• RECORDS SHOWN
= = = = =

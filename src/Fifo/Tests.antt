-- ===== src/Fifo/Tests.antt =====
-- A queue of streams at addresses 1 and 2, and a third stream at 3.
use poplar.Prelude.{◌-◌, ◌^◌, ◌≡◌, refl, [], ◌∷◌, map, none, some, arith, ◌==◌, if◌then◌else◌}
use poplar.Fifo.{Fifo, stream_fifo_pop}
use poplar.Fifo.Queue.{Holds}
use poplar.Fifo.Order.{push_all, pop_all, pop_all-push_all, pop_empty}

abbrev two : Fifo
two = record {
  next = λ p. if p == 1 then some 2 else none;
  count = 2;
  head = some 1;
  tail = some 2;
}

abbrev nothing : Fifo
nothing = record { next = λ p. none; count = 0; head = none; tail = none }

two-Holds : Holds two (1 ∷ 2 ∷ [])
two-Holds = record {
  chain = (refl, (refl, refl));
  tail = refl;
  count = refl;
  distinct = ((omega arith, tt), (tt, tt));
}

nothing-Holds : Holds nothing []
nothing-Holds = record { chain = refl; tail = refl; count = refl; distinct = tt }

pop_all-push_all_example : pop_all 4 (push_all two (3 ∷ 4 ∷ [])) ≡ map some (1 ∷ 2 ∷ 3 ∷ 4 ∷ [])
pop_all-push_all_example =
    pop_all-push_all (1 ∷ 2 ∷ []) (3 ∷ 4 ∷ []) two-Holds ((omega arith, tt), (tt, tt))
      (((omega arith, (omega arith, tt)), refl), (((omega arith, (omega arith, tt)), refl), tt))
      (omega arith)

pop_empty_example :
    ((stream_fifo_pop nothing).0 ≡ none)
    × ((stream_fifo_pop nothing).1.head ≡ none)
    × ((stream_fifo_pop nothing).1.tail ≡ none)
    × ((stream_fifo_pop nothing).1.count ≡ 2 ^ 64 - 1)
    × ¬ (Holds (stream_fifo_pop nothing).1 [])
pop_empty_example = pop_empty [] nothing-Holds
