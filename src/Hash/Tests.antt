-- ===== src/Hash/Tests.antt =====
-- A table of four chains of numbers, which are their own keys.
use poplar.Prelude.{
  ℕ, ◌≡◌, ◌≢◌, ◌⊎◌, refl, Bool, suc, [], ◌∷◌, Option, none, some, arith, ◌==◌, ==-refl,
  if◌then◌else◌,
}
use poplar.Run.{ok}
use poplar.Hash.{Hash, find, hash_get, hash_lookup, hash_release, hash_clean, hash_alloc_intern}
use poplar.Hash.Valid.{CmpLaws, IsValid}
use poplar.Hash.Lookup.{get-lookup}
use poplar.Hash.Release.{release-lookup}

abbrev self : ℕ → ℕ
self n = n

abbrev same : ℕ → ℕ → Bool
same a b = a == b

same-laws : CmpLaws self same
same-laws = record {
  reflexive = λ a. ==-refl a;
  symmetric = λ a b e. ground arith;
  transitive = λ a b c e f. ground arith;
  same_key = λ a b e. ground arith;
}

-- 5 and 1 share a chain.
abbrev three : Hash ℕ
three = record {
  index =
      []
      ∷ ((record { key = 5; value = 5 } ∷ record { key = 1; value = 1 } ∷ [])
          ∷ ([] ∷ ((record { key = 7; value = 7 } ∷ []) ∷ [])));
  size = 4;
  hash_key = self;
  hash_cmp = same;
  count = 3;
}

three-IsValid : IsValid three
unfolding find
three-IsValid = record {
  sized = refl;
  positive = omega arith;
  count = refl;
  unique = (tt, (((refl, (refl, tt)), (tt, ((refl, tt), tt)))));
}

get-lookup_example :
    (r : ℕ) × (u : Hash ℕ) × (hash_get three 9 (some hash_alloc_intern) ≡ ok (some r, u))
    × IsValid u
    × (hash_lookup u 5 ≡ (if three.hash_cmp 9 5 then ok (some r) else hash_lookup three 5))
    × (((hash_lookup three 9 ≡ ok (some r)) × (u ≡ three))
        ⊎ ((hash_lookup three 9 ≡ ok none) × (r ≡ 9) × (u.count ≡ suc three.count)))
get-lookup_example =
    get-lookup three same-laws 9 9 5 hash_alloc_intern three-IsValid refl refl (omega arith)

release-lookup_example :
    (r : Option ℕ) × (u : Hash ℕ) × (hash_release three 1 ≡ ok (r, u))
    × (hash_lookup three 1 ≡ ok r)
    × IsValid u
    × (hash_lookup u 5 ≡ (if three.hash_cmp 1 5 then ok none else hash_lookup three 5))
    × (((r ≡ none) × (u ≡ three)) ⊎ ((r ≢ none) × (suc u.count ≡ three.count)))
release-lookup_example = release-lookup three same-laws 1 5 three-IsValid (omega arith)

clean_order : (hash_clean three).0 ≡ 5 ∷ 1 ∷ 7 ∷ []
unfolding hash_clean
clean_order = refl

= = = = =

• TASK TO CARRY OUT
Take the listing above and repeat exactly the lines from the one containing "abbrev two : Fifo" through the one containing "pop_all-push_all (1 ∷", both included.

• EXERCISE ANSWER
abbrev two : Fifo
two = record {
  next = λ p. if p == 1 then some 2 else none;
  count = 2;
  head = some 1;
  tail = some 2;
}

abbrev nothing : Fifo
nothing = record { next = λ p. none; count = 0; head = none; tail = none }

two-Holds : Holds two (1 ∷ 2 ∷ [])
two-Holds = record {
  chain = (refl, (refl, refl));
  tail = refl;
  count = refl;
  distinct = ((omega arith, tt), (tt, tt));
}

nothing-Holds : Holds nothing []
nothing-Holds = record { chain = refl; tail = refl; count = refl; distinct = tt }

pop_all-push_all_example : pop_all 4 (push_all two (3 ∷ 4 ∷ [])) ≡ map some (1 ∷ 2 ∷ 3 ∷ 4 ∷ [])
pop_all-push_all_example =
    pop_all-push_all (1 ∷ 2 ∷ []) (3 ∷ 4 ∷ []) two-Holds ((omega arith, tt), (tt, tt))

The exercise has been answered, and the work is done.